The problem here is that the module user is not the module author, so he/she
can only assume what kind of scalar they get out of a module or put into a
I very often happen to have binary data that is upgraded, and I also know
what to do when. Other users might not have upgraded data I the first
place, and still others might not know they have it and hit spurious
And the premise is that nobody should need to know, perl must just do the
right thing(tm), and should do so efficiently.
> Converting a 7 bit ASCII string to UTF-8 is just wastefull.
Actually, not really. It can be made a simple memcpy with no change in
interpretation. But of course 8-bit data wastes some 50% or so on memory
(and somethign similar in cpu).
> > Yeah. It never does and never will, but it should work well enough that
> > people git bugs rarely enough (I hit bugs with integer/string conversion
> > in my life, but that doesn't mean I worry about it when using perl :).
> Actually, in a related topic I do care very much about conversion, namely
> BigInt vs integer. Her it is also *very* wastefull to convert "1" to
Yes, thats a very good example. The same applies: there are good reasons
for wanting that conversion done transparently (premise: Math::BigInt has
semantics identical to built-in scalars), and good reasons for keeping it
a normal scalar as long as possible.
Everybody likely agrees that if Math::BigInt doesn't work like an integer
in perl (with more bits) then Math::BigInt is buggy (even if that bug is
in fact a limitation in perl not being able to implement that semantics
And most people would agree that it is a good thing if that conversion was
kept to a minimum,f or efficiency reasons.
> I agree that if you only write short scripts that deal with little data,
> this shouldn't concern you. However, if you care about making Perl more
> efficint so it can handle larger data without choking itself to death, then
> you do worry. Like me :-)
The point is you do worry needlessly, as perl is very good at not hitting
that speed problem. Sure you can worry, but if chances are low enough then
you worrying is a waste of your precious time :) (Ok, I do not know wether
your time is precious, but mine is :->)
compare that with the recent substr-eats-memory thread: you probably
used substr a lot in your life, relying on its non-copying semantics for
speed.
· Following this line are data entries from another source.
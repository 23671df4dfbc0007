-- ===== src/Args/Words.antt =====
-- The words of a line, and what the two inner loops of `getargs` do on it.
use unix_sys_prog.Base.{
  ℕ, zero, suc, ◌+◌, ◌≤◌, ◌<◌, ◌≡◌, ◌≢◌, ◌⊎◌, inl, inr, refl, true, false, if◌then◌else◌, List, [],
  ◌∷◌, ok, arith, length, Bool-cases, ap, sym, ◌∙◌, ==_of_ne,
}
use unix_sys_prog.Args.Getargs.{Text, is_blank, skip_blanks, skip_word}

-- At `p` stands the string `cs` with a zero behind it.
abbrev pub Holds : Text → ℕ → List ℕ → Type 0
Holds t p [] = t p ≡ 0
Holds t p (c ∷ cs) = (t p ≡ c) × (c ≢ 0) × Holds t (p + 1) cs

-- The pointers lead to the strings, one to one.
abbrev pub Each : Text → List ℕ → List (List ℕ) → Type 0
Each t [] [] = Unit
Each t (p ∷ ps) (w ∷ ws) = Holds t p w × Each t ps ws
Each t _ _ = false ≡ true

-- A character in front of a line, whose words are `ws`.
unfoldable pub in_front : ℕ → List ℕ → List (List ℕ) → List (List ℕ)
in_front c (d ∷ ds) (w ∷ ws) = if is_blank d then (c ∷ []) ∷ w ∷ ws else (c ∷ w) ∷ ws
in_front c _ ws = (c ∷ []) ∷ ws

-- The words of a line: its longest parts without a blank.
unfoldable pub words : List ℕ → List (List ℕ)
words [] = []
words (c ∷ cs) = let ws = words cs in if is_blank c then ws else in_front c cs ws

unfoldable pub count : List (List ℕ) → ℕ
count [] = 0
count (w ∷ ws) = suc (count ws)

unfoldable pub drop_blanks : List ℕ → List ℕ
drop_blanks [] = []
drop_blanks (c ∷ cs) = let ds = drop_blanks cs in if is_blank c then ds else c ∷ cs

unfoldable pub take_word : List ℕ → List ℕ
take_word [] = []
take_word (c ∷ cs) = let w = take_word cs in if is_blank c then [] else c ∷ w

unfoldable pub drop_word : List ℕ → List ℕ
drop_word [] = []
drop_word (c ∷ cs) = let ds = drop_word cs in if is_blank c then c ∷ cs else ds

pub length-drop_blanks : (cs : List ℕ) → length (drop_blanks cs) ≤ length cs
unfolding drop_blanks
length-drop_blanks [] = omega arith
length-drop_blanks (c ∷ cs) = ground (arith, length-drop_blanks cs)

pub length-drop_word : (cs : List ℕ) → length (drop_word cs) ≤ length cs
unfolding drop_word
length-drop_word [] = omega arith
length-drop_word (c ∷ cs) = ground (arith, length-drop_word cs)

pub words-drop_blanks : (cs : List ℕ) → words (drop_blanks cs) ≡ words cs
unfolding words drop_blanks
words-drop_blanks [] = refl
words-drop_blanks (c ∷ cs) = ground (arith, words-drop_blanks cs)

pub drop_blanks_cases :
    (cs : List ℕ)
    → (drop_blanks cs ≡ [])
      ⊎ (c : ℕ) × (ds : List ℕ) × (drop_blanks cs ≡ c ∷ ds) × (is_blank c ≡ false)
unfolding drop_blanks
drop_blanks_cases [] = inl refl
drop_blanks_cases (c ∷ cs) = elim (Bool-cases (is_blank c)) [
  | inl b ↦ rw b (drop_blanks_cases cs)
  | inr n ↦ rw n (inr (c, cs, refl, n))
]

pub drop_word_cases :
    (cs : List ℕ)
    → (drop_word cs ≡ []) ⊎ (c : ℕ) × (ds : List ℕ) × (drop_word cs ≡ c ∷ ds) × (is_blank c ≡ true)
unfolding drop_word
drop_word_cases [] = inl refl
drop_word_cases (c ∷ cs) = elim (Bool-cases (is_blank c)) [
  | inl b ↦ rw b (inr (c, cs, refl, b))
  | inr n ↦ rw n (drop_word_cases cs)
]

pub in_front_blank :
    (c d : ℕ) (ds : List ℕ) (ws : List (List ℕ))
    → is_blank d ≡ true
    → in_front c (d ∷ ds) ws ≡ (c ∷ []) ∷ ws
unfolding in_front
in_front_blank c d ds [] b = refl
in_front_blank c d ds (w ∷ ws) b = rw b refl

-- A line that starts with a word.
pub words-take_word :
    (c : ℕ) (cs : List ℕ)
    → is_blank c ≡ false
    → words (c ∷ cs) ≡ take_word (c ∷ cs) ∷ words (drop_word (c ∷ cs))
unfolding words in_front take_word drop_word
words-take_word c [] n = simp n
words-take_word c (d ∷ ds) n = elim (Bool-cases (is_blank d)) [
  | inl b ↦ rw n (rw b (rw b (in_front_blank c d ds (words ds) b)))
  | inr m ↦
      let tail = words-take_word d ds m in
      let rest : in_front d ds (words ds) ≡ (d ∷ take_word ds) ∷ words (drop_word ds) =
        simp m at tail in
      simp (n, m, rest)
]

pub zero_not_blank : is_blank 0 ≡ false
unfolding is_blank
zero_not_blank = refl

pub skip_blanks_lem :
    (fuel p : ℕ) (cs : List ℕ) (t : Text)
    → Holds t p cs
    → length cs < fuel
    → (q : ℕ) × (skip_blanks fuel p t ≡ ok q t) × Holds t q (drop_blanks cs) × (p ≤ q)
unfolding skip_blanks drop_blanks
skip_blanks_lem zero p cs t h f = absurd (omega arith)
skip_blanks_lem (suc fuel) p [] t h f = (p, simp (h, zero_not_blank), h, omega arith)
skip_blanks_lem (suc fuel) p (c ∷ cs) t h f = elim (Bool-cases (is_blank c)) [
  | inl b ↦
      let (q, run, held, le) = skip_blanks_lem fuel (p + 1) cs t h.2 (omega arith) in
      (q, simp (h.0, b) run, rw b held, omega (arith, le))
  | inr n ↦ (p, simp (h.0, n), rw n h, omega arith)
]

pub skip_word_lem :
    (fuel p : ℕ) (cs : List ℕ) (t : Text)
    → Holds t p cs
    → length cs < fuel
    → (q : ℕ) × (skip_word fuel p t ≡ ok q t)
      × Holds t q (drop_word cs)
      × (p ≤ q)
      × ((t' : Text) → t' q ≡ 0 → ((a : ℕ) → a < q → t' a ≡ t a) → Holds t' p (take_word cs))
unfolding skip_word take_word drop_word
skip_word_lem zero p cs t h f = absurd (omega arith)
skip_word_lem (suc fuel) p [] t h f = (p, simp h, h, omega arith, λ t' z same. z)
skip_word_lem (suc fuel) p (c ∷ cs) t h f = elim (Bool-cases (is_blank c)) [
  | inl b ↦ (p, simp (h.0, b, ==_of_ne c 0 h.1), rw b h, omega arith, λ t' z same. rw b z)
  | inr n ↦
      let (q, run, held, le, kept) = skip_word_lem fuel (p + 1) cs t h.2 (omega arith) in
      (
        q,
        simp (h.0, n, ==_of_ne c 0 h.1) run,
        rw n held,
        omega (arith, le),
        λ t' z same. rw n ((same p (omega (arith, le)) ∙ h.0, h.1, kept t' z same)),
      )
]

-- A memory that is the same from `p` on holds the same string.
pub Holds-same :
    (t t' : Text) (p : ℕ) (cs : List ℕ)
    → ((a : ℕ) → p ≤ a → t' a ≡ t a)
    → Holds t p cs
    → Holds t' p cs
Holds-same t t' p [] same h = same p (omega arith) ∙ h
Holds-same t t' p (c ∷ cs) same h = (
  same p (omega arith) ∙ h.0,
  h.1,
  Holds-same t t' (p + 1) cs (λ a le. same a (omega (arith, le))) h.2,
)

pub length-drop : (cs ds : List ℕ) (c : ℕ) → drop_word cs ≡ c ∷ ds → length ds < length cs
length-drop cs ds c e = omega (arith, length-drop_word cs, ap length e)

pub no_words : (cs : List ℕ) → drop_blanks cs ≡ [] → words cs ≡ []
unfolding words
no_words cs e = sym (words-drop_blanks cs) ∙ ap words e

-- The words of a line that starts, after its blanks, with a word and ends with it.
pub one_word :
    (cs : List ℕ) (c : ℕ) (ds : List ℕ)
    → drop_blanks cs ≡ c ∷ ds
    → is_blank c ≡ false
    → drop_word (c ∷ ds) ≡ []
    → words cs ≡ take_word (c ∷ ds) ∷ []
unfolding words
one_word cs c ds e n e2 =
    sym (words-drop_blanks cs)
    ∙ ap words e
    ∙ words-take_word c ds n
    ∙ ap (λ xs. take_word (c ∷ ds) ∷ words xs) e2

-- The words of a line in which a blank stands behind the first word.
pub word_and_rest :
    (cs : List ℕ) (c : ℕ) (ds : List ℕ) (d : ℕ) (rest : List ℕ)
    → drop_blanks cs ≡ c ∷ ds
    → is_blank c ≡ false
    → drop_word (c ∷ ds) ≡ d ∷ rest
    → is_blank d ≡ true
    → words cs ≡ take_word (c ∷ ds) ∷ words rest
unfolding words
word_and_rest cs c ds d rest e n e2 b =
    sym (words-drop_blanks cs)
    ∙ ap words e
    ∙ words-take_word c ds n
    ∙ ap (λ xs. take_word (c ∷ ds) ∷ words xs) e2
    ∙ rw b refl

pub some_room : (n k : ℕ) → suc k ≤ n → (m : ℕ) × (n ≡ suc m) × (k ≤ m)
some_room zero k h = absurd (omega arith)
some_room (suc n) k h = (n, refl, omega arith)
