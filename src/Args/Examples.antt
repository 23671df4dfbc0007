-- ===== src/Args/Examples.antt =====
-- The line " ab", tab, "c", split into its two words.
use unix_sys_prog.Base.{ℕ, ◌≡◌, refl, List, [], ◌∷◌, ◌==◌, if◌then◌else◌, ok, fault, arith, Run}
use unix_sys_prog.Args.Getargs.{Text, is_blank, skip_blanks, skip_word, getargs}
use unix_sys_prog.Args.Words.{Holds, words, in_front, count}
use unix_sys_prog.Args.Split.{Splits, getargs-words, getargs_overflow}

abbrev line : List ℕ
line = 32 ∷ 97 ∷ 98 ∷ 9 ∷ 99 ∷ []

abbrev line_at_100 : Text
line_at_100 a =
    if a == 100
    then 32
    else if a == 101
    then 97
    else if a == 102
    then 98
    else if a == 103
    then 9
    else if a == 104
    then 99
    else 0

line-Holds : Holds line_at_100 100 line
line-Holds = (
  refl,
  omega arith,
  (refl, omega arith, (refl, omega arith, (refl, omega arith, (refl, omega arith, refl)))),
)

abbrev stored : Run Text (List ℕ) → List ℕ
stored (ok argv t) = argv
stored _ = []

getargs_test : stored (getargs 6 16 100 line_at_100) ≡ 101 ∷ 104 ∷ []
unfolding getargs skip_blanks skip_word is_blank
getargs_test = refl

words_test : words line ≡ (97 ∷ 98 ∷ []) ∷ (99 ∷ []) ∷ []
unfolding words in_front is_blank
words_test = refl

getargs-words_example : Splits 6 16 100 line line_at_100
unfolding words in_front is_blank count
getargs-words_example =
    getargs-words 6 16 100 line line_at_100 line-Holds (omega arith) (omega arith)

getargs_overflow_example : getargs 6 1 100 line_at_100 ≡ fault
unfolding words in_front is_blank count
getargs_overflow_example =
    getargs_overflow 6 1 100 line line_at_100 line-Holds (omega arith) (omega arith)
Did you worry about that? Probably not, but somebody did, and it
is considered a deficiency that should be fixed (wether it can easily and
when is another thing).
Fact is, you do not worry constantly about that kind of problems, and the
same thing applies to upgrades.
> > Perl never encodes/decodes it without you knowing it (by calling a
> > function to do it).
> Only if I control all the data all the time. Unfortunately, I don't :)
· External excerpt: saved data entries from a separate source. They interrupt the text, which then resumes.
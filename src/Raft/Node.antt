-- ===== src/Raft/Node.antt =====
-- internal/raft/raft.go: the state of a node, and what a critical section under `rf.mu` leaves to be
-- done outside it. Time enters only by the timers, which are outside; the logger is left out.
use raft_recovery.Prelude.{
  ℕ, Bool, true, false, none, some, List, [], ◌∷◌, String, ℤ, str_eq, lookup, if◌then◌else◌,
}
use raft_recovery.Raft.Log.{Log, LogEntry}

pub data State : Type 0 where
  follower candidate leader : State

abbrev pub is_leader : State → Bool
is_leader leader = true
is_leader _ = false

abbrev pub is_candidate : State → Bool
is_candidate candidate = true
is_candidate _ = false

pub record Config : Type 0 where
  pub id : String
  pub peers : List String

pub record Raft : Type 0 where
  pub current_term : ℕ
  pub voted_for : String
  pub log_store : Log
  pub last_included_index : ℕ
  pub last_included_term : ℕ
  pub state : State
  pub leader_id : String
  pub commit_index : ℕ
  pub last_applied : ℕ
  pub next_index : List (String × ℕ)
  pub match_index : List (String × ℤ)
  pub config : Config

pub record RequestVoteArgs : Type 0 where
  pub term : ℕ
  pub candidate_id : String
  pub last_log_index : ℕ
  pub last_log_term : ℕ

pub record RequestVoteReply : Type 0 where
  pub term : ℕ
  pub vote_granted : Bool

-- `PrevLogIndex` may be -1.
pub record AppendEntriesArgs : Type 0 where
  pub term : ℕ
  pub leader_id : String
  pub prev_log_index : ℤ
  pub prev_log_term : ℕ
  pub entries : List LogEntry
  pub leader_commit : ℕ

pub record AppendEntriesReply : Type 0 where
  pub term : ℕ
  pub success : Bool

-- What a critical section asks for: the election timer restarted, or a goroutine started.
pub data Effect : Type 0 where
  reset_election_timer : Effect
  go_apply_logs : Effect
  go_replicate_to_peer : String → Effect
  go_send_request_vote : String → RequestVoteArgs → Effect

-- The state after a critical section, with its effects in order.
pub record After : Type 0 where
  pub node : Raft
  pub effects : List Effect

abbrev pub leave : Raft → After
leave rf = record { node = rf; effects = [] }

unfoldable pub new_raft : Config → Log → Raft
new_raft config store = record {
  current_term = 0;
  voted_for = "";
  log_store = store;
  last_included_index = 0;
  last_included_term = 0;
  state = follower;
  leader_id = "";
  commit_index = 0;
  last_applied = 0;
  next_index = [];
  match_index = [];
  config = config;
}

-- Reading a key that the map lacks gives the zero value.
abbrev pub read {ℓ} : {V : Type ℓ} → V → String → List (String × V) → V
read zero_value k m = elim (lookup k m) [ none ↦ zero_value | some v ↦ v ]

unfoldable pub convert_to_follower : Raft → ℕ → After
convert_to_follower rf term = record {
  node = record rf { state = follower; current_term = term; voted_for = "" };
  effects = reset_election_timer ∷ [];
}

-- The peers that a loop over `rf.config.Peers` does not skip.
unfoldable pub others : String → List String → List String
others id [] = []
others id (peer ∷ peers) =
    let rest = others id peers in if str_eq peer id then rest else peer ∷ rest

unfoldable pub broadcast_effects : List String → List Effect
broadcast_effects [] = []
broadcast_effects (peer ∷ peers) = go_replicate_to_peer peer ∷ broadcast_effects peers

unfoldable pub broadcast_heartbeats : Raft → List Effect
unfolding broadcast_effects others
broadcast_heartbeats rf = broadcast_effects (others rf.config.id rf.config.peers)
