-- ===== src/Raft/Commands.antt =====
-- internal/raft/raft.go and commands.go: proposals, applying committed entries, log compaction.
-- JSON encoding is Go's: a command is its bytes, kept as a text.
pub mod Applying
pub mod Encoding
mod Tests
use raft_recovery.Prelude.{
  ℕ, zero, suc, ◌+◌, ◌-◌, Bool, true, false, Option, none, some, List, [], ◌∷◌, ◌++◌, String, ℤ,
  pos, negsuc, ltb, leb, if◌then◌else◌,
}
use raft_recovery.Raft.Log.{
  Log, LogEntry, first_index, last_index, get_log, store_log, delete_range,
}
use raft_recovery.Raft.Node.{Raft, State, is_leader, After, leave, broadcast_heartbeats}

pub record ApplyMsg : Type 0 where
  pub command_valid : Bool
  pub command : String
  pub command_index : ℕ

-- What `Propose` returns: index, term, and whether this node leads.
pub record Proposal : Type 0 where
  pub index : ℤ
  pub term : ℤ
  pub accepted : Bool

unfoldable pub propose : Raft → String → Option (After × Proposal)
propose rf command =
    if is_leader rf.state
    then elim (last_index rf.log_store) [
      | none ↦ none
      | some last ↦ some (
        record {
          node = record rf {
            log_store =
                store_log rf.log_store
                  (record { term = rf.current_term; index = last + 1; command = command });
          };
          effects = broadcast_heartbeats rf;
        },
        record { index = pos (last + 1); term = pos rf.current_term; accepted = true },
      )
    ]
    else some (leave rf, record { index = negsuc 0; term = negsuc 0; accepted = false })

-- The messages that `applyLogs` sends for the `count` indexes from `from` on: an index that the log
-- does not hold is passed over.
unfoldable pub messages_from : Log → ℕ → ℕ → List ApplyMsg
messages_from es from zero = []
messages_from es from (suc count) =
    let rest = messages_from es (from + 1) count in
    elim (get_log es from) [
      | none ↦ rest
      | some entry ↦
          record { command_valid = true; command = entry.command; command_index = entry.index }
          ∷ rest
    ]

-- `applyLogs` sends under the mutex, so that no other step comes between its rounds. On an empty log
-- `GetLog` panics.
unfoldable pub apply_logs : Raft → Option (Raft × List ApplyMsg)
unfolding messages_from
apply_logs rf =
    if ltb rf.last_applied rf.commit_index
    then elim (first_index rf.log_store) [
      | none ↦ none
      | some first ↦ some (
        record rf { last_applied = rf.commit_index },
        messages_from rf.log_store (rf.last_applied + 1) (rf.commit_index - rf.last_applied),
      )
    ]
    else some (rf, [])

-- `Snapshot`. Its data is not used by the source.
unfoldable pub snapshot : Raft → ℕ → Option Raft
snapshot rf index =
    if leb index rf.last_included_index then some rf else elim (first_index rf.log_store) [
      | none ↦ none
      | some first ↦ elim (get_log rf.log_store index) [
        | none ↦ some rf
        | some entry ↦ some (record rf {
          last_included_index = index;
          last_included_term = entry.term;
          log_store = delete_range first index rf.log_store;
        })
      ]
    ]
> All these can happen in random remote code places:
ah, but I meant *encode* or *decode*, not upgrade or downgrade.
(Of course, perl programmers should not need to know about down/upgrades anyways).
The problem with calling it encoding/decoding (which is almost exactly the
same thing in perl) is that the semantics do not change, so you do not
really encode or decode anything on the perl level.
> # example 1
> use utf8;
> $binary_7bit_data = 'a'; # this is probably upgraded
> # example 2
> $binary_7bit_data = 'A';
> $binary_data_2 = decode('ISO-8859-1', $binary_7bit_data);
> Both are now ugraded. Or might be not. Depending on cleverness of Perl.
Neither are upgraded, and *likely* never will be. No guarentees, but if
you implement it, you will find it likely doesn't make much sense so it is
not done (as long as the choise is UTF-X vs. octets).
Of course, if speed *were* the paramount problem, then one could store the
scalar twice (if needed), once in octet form and once in utf-x form, and
then use whatever is the most efficient form. Just as perl does when you
use a scalar as a string and an integer: perl will remember both values as
long as possible to save a conversion between them.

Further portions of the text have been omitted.